In fact, if you have your string in $_ and you want it split on whitespace, you don't even need the regular expression -- the default regular expression is whitespace!

 while (<SOMEFILE>) {
 @words = split;
 # ...
 }

Of course, your strings don't always have fields separated by spaces. The Unix password file, for instance, separates fields with colons:

 while (<PASSWDFILE>) {
 @fields = split /:/;
 # ...
 }

split has some quirks: it ignores any trailing empty fields, so if your colon-separated record was big:deal::: you'd get two fields back: big and deal.

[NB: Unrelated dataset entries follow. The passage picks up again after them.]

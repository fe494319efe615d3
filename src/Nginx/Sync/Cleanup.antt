-- ===== src/Nginx/Sync/Cleanup.antt =====
-- cleanup, at the end of syncLoadBalancer of proxy/proxies/nginx/nginx.go.
use loadbalancer_controller.Common.{
  String, Bool, none, some, List, [], ◌∷◌, ◌≡◌, true, is_some, string_eq,
}
use loadbalancer_controller.Common.Effects.{not_found, reply, failed, ok}
use loadbalancer_controller.Common.GoMap.{GoMap}
use loadbalancer_controller.Api.{
  LoadBalancer, Deployment, Ingress, label_key_created_by, created_by,
}
use loadbalancer_controller.Cluster.{
  Cluster, Library, Routines, HasAggregate, Call, load_balancer, delete_deployment,
  delete_config_maps, list_ingresses, delete_ingress,
}
use loadbalancer_controller.Validation.{validate_load_balancer}
use loadbalancer_controller.Listers.{get_lb_cached}
use loadbalancer_controller.Workload.Cleanup.{
  made, for_each-accepted, held_by, get_deployments_for_load_balancer-deleting,
}
use loadbalancer_controller.Nginx.Selector.{Nginx, selector}
use loadbalancer_controller.Nginx.Sync.{cleanup, sync_load_balancer}

abbrev pub delete_of : Deployment → Call
delete_of d = delete_deployment d.namespace d.name 30 "Foreground"

abbrev pub delete_ingress_of : Ingress → Call
delete_ingress_of i = delete_ingress i.namespace i.name

-- The label of what the controller has made for a load balancer.
abbrev pub created : LoadBalancer → GoMap
created lb = some ((label_key_created_by, created_by lb.namespace lb.name) ∷ [])

module _ (C : Cluster) (L : Library) (A : HasAggregate L) (R : Routines) (is_ip : String → Bool)
    (f : Nginx) (keys : List String) where
  -- The calls before the ingresses are deleted.
  abbrev pub listed_after : LoadBalancer → List Deployment → List Call → List Call
  listed_after lb ds h =
      delete_config_maps lb.namespace (selector lb)
      ∷ made delete_of (held_by C L R lb (selector lb) ds) h

  -- For a valid load balancer that is being deleted and that the lister no longer finds, where the
  -- API server accepts what is asked, a sync deletes just the listed deployments that it controls
  -- and that the selector matches, then the config maps of the selector, and then each ingress
  -- that has the label of what was created for it, in the order of the lists. It makes no other
  -- call but the one that lists the ingresses.
  pub sync_load_balancer-cleanup :
      (lb : LoadBalancer) (ds : List Deployment) (is : List Ingress) (h : List Call)
      → validate_load_balancer is_ip lb ≡ none
      → is_some lb.deletion_timestamp ≡ true
      → get_lb_cached C L h lb.namespace lb.name ≡ failed not_found
      → C.cached_deployments h lb.namespace (selector lb) ≡ reply ds
      → ((h : List Call) (c : Call) → C.accepted h c ≡ reply tt)
      → C.live_ingresses (listed_after lb ds h) (created lb) ≡ reply is
      → sync_load_balancer C L R is_ip f keys (load_balancer lb) h
        ≡ (ok tt, made delete_ingress_of is (list_ingresses (created lb) ∷ listed_after lb ds h))
  unfolding sync_load_balancer cleanup
  sync_load_balancer-cleanup lb ds is h valid deleting gone listed accepts ingresses =
      rw
        (
          valid,
          gone,
          get_deployments_for_load_balancer-deleting C L A R lb (selector lb) ds h deleting listed,
          for_each-accepted C delete_of (λ h d. accepts h (delete_of d))
              (held_by C L R lb (selector lb) ds) h,
          accepts (made delete_of (held_by C L R lb (selector lb) ds) h)
              (delete_config_maps lb.namespace (selector lb)),
          ingresses,
        )
        (for_each-accepted C delete_ingress_of (λ h i. accepts h (delete_ingress_of i)) is _)
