-- ===== src/Nginx/Sync/Fresh.antt =====
-- syncLoadBalancer of proxy/proxies/nginx/nginx.go for a load balancer that has nothing yet.
use loadbalancer_controller.Common.{
  String, Bool, true, false, none, some, List, [], ◌∷◌, ◌≡◌, refl, ◌==◌, string_eq,
}
use loadbalancer_controller.Common.Effects.{not_found, reply, failed, ok}
use loadbalancer_controller.Common.GoMap.{GoMap, deep_equal_refl}
use loadbalancer_controller.Api.{LoadBalancer, Deployment}
use loadbalancer_controller.Cluster.{
  Cluster, Library, Routines, HasAggregate, HasDeepCopy, Call, load_balancer, get_config_map,
  create_config_map, create_deployment,
}
use loadbalancer_controller.LbUtil.Copies.{as_load_balancer-deep_copy}
use loadbalancer_controller.Validation.{validate_load_balancer}
use loadbalancer_controller.Listers.{get_lb_cached}
use loadbalancer_controller.Workload.Held.{get_deployments_for_load_balancer-none}
use loadbalancer_controller.Workload.Loop.{sync_loop, create_if_missing}
use loadbalancer_controller.Nginx.Selector.{Nginx, selector}
use loadbalancer_controller.Nginx.ConfigMaps.{
  default_config, merge, config_map_name, tcp_config_map_name, udp_config_map_name,
  ensure_config_map, ensure_config_maps,
}
use loadbalancer_controller.Nginx.Generate.{generate_deployment}
use loadbalancer_controller.Nginx.Status.{sync_status}
use loadbalancer_controller.Nginx.Sync.{finish, sync, sync_load_balancer}

-- The config map of this name does not exist.
abbrev pub IsMissing : Cluster → String → String → Type 0
IsMissing C namespace name = (h : List Call) → C.live_config_map h namespace name ≡ failed not_found

-- A config map that is asked for and then created.
abbrev pub made : LoadBalancer → String → GoMap → List Call → List Call
made lb name contents h =
    create_config_map lb.namespace
      (record { name = name; labels = selector lb; contents = contents })
    ∷ get_config_map lb.namespace name
    ∷ h

-- The calls that make the deployment and the config maps.
abbrev pub creations : LoadBalancer → Deployment → List Call → List Call
creations lb desired h = made lb (udp_config_map_name lb.name) none (
    made lb (tcp_config_map_name lb.name) none (
      made lb (config_map_name lb.name) (merge (some default_config) lb.spec.proxy.config)
        (create_deployment lb.namespace desired ∷ h)))

module _ (C : Cluster) (lb : LoadBalancer)
    (accepts : (h : List Call) (c : Call) → C.accepted h c ≡ reply tt) where
  ensure_config_map-missing :
      (name : String) (contents : GoMap) (h : List Call)
      → IsMissing C lb.namespace name
      → ensure_config_map C lb.namespace name (selector lb) contents h
        ≡ (ok tt, made lb name contents h)
  unfolding ensure_config_map
  ensure_config_map-missing name none h missing = rw (missing, accepts) refl
  ensure_config_map-missing name (some m) h missing =
      rw (missing, accepts, deep_equal_refl (some m)) refl

  module _ (config : IsMissing C lb.namespace (config_map_name lb.name))
      (tcp : IsMissing C lb.namespace (tcp_config_map_name lb.name))
      (udp : IsMissing C lb.namespace (udp_config_map_name lb.name)) where
    module _ (L : Library) (A : HasAggregate L) (D : HasDeepCopy L) (R : Routines)
        (is_ip : String → Bool) (f : Nginx) (keys : List String) where
      finish-fresh :
          (desired : Deployment) (h : List Call)
          → finish C L R is_ip f keys lb desired (false, desired) h
            ≡ sync_status C R lb desired (creations lb desired h)
      unfolding finish create_if_missing ensure_config_maps
      finish-fresh desired h =
          rw
            (
              accepts,
              ensure_config_map-missing (config_map_name lb.name)
                  (merge (some default_config) lb.spec.proxy.config)
                  (create_deployment lb.namespace desired ∷ h) config,
              ensure_config_map-missing (tcp_config_map_name lb.name) none _ tcp,
              ensure_config_map-missing (udp_config_map_name lb.name) none _ udp,
            )
            refl

      -- The first sync of a valid load balancer that the lister has, not being deleted, for which no
      -- deployment is listed and none of its three config maps exists, where the API server accepts
      -- what is asked, creates the one generated deployment, and then each config map, the first
      -- with the merged configuration and the others without contents, and ends with the sync of
      -- the status for that deployment. It makes no other call but the ones that look for the
      -- config maps.
      pub sync_load_balancer-fresh :
          (item : LoadBalancer) (h : List Call)
          → validate_load_balancer is_ip item ≡ none
          → get_lb_cached C L h item.namespace item.name ≡ reply lb
          → (item.uid == lb.uid) ≡ true
          → lb.deletion_timestamp ≡ none
          → C.cached_deployments h lb.namespace (selector lb) ≡ reply []
          → sync_load_balancer C L R is_ip f keys (load_balancer item) h ≡ (
              let desired = generate_deployment f (C.int63 h) keys lb in
              sync_status C R lb desired (creations lb desired h))
      unfolding sync_load_balancer sync sync_loop
      sync_load_balancer-fresh item h valid found same alive listed =
          rw
            (
              valid,
              found,
              same,
              as_load_balancer-deep_copy L D lb,
              get_deployments_for_load_balancer-none C L A R lb (selector lb) h listed,
              alive,
            )
            (finish-fresh (generate_deployment f (C.int63 h) keys lb) h)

The opposite of split is join. split extracts fields that have been separated. join produces a string of separated fields. The first argument is the separator (an exact string, not a regular expression), and the rest of the arguments are values to join together with the separator in between. For instance:

 
 @adjectives = ("hot", "damp", "sticky");
 $line = join(" and ", @adjectives);
 print $line;

 hot and damp and sticky

Putting it all together

So here's how you reverse the order of words for each line in a file:

 
 while (<INFILE>) {
 @fields = split;
 @new = reverse @fields;
 $line = join " ", @new;
 print OUTFILE "$line\n";
 }

or more concisely:

 
 while (<INFILE>) {
 print OUTLINE join(" ", reverse split), "\n";
 }

Answer to the earlier question. The code said to reverse the list, then sort it. The call to reverse is useless, because sort sorts the list into ascending order.

Nathan Torkington used to be a trainer for the Tom Christiansen Perl Consultancy, whose excellent Beginning Perl class may accidentally have inspired parts of this article.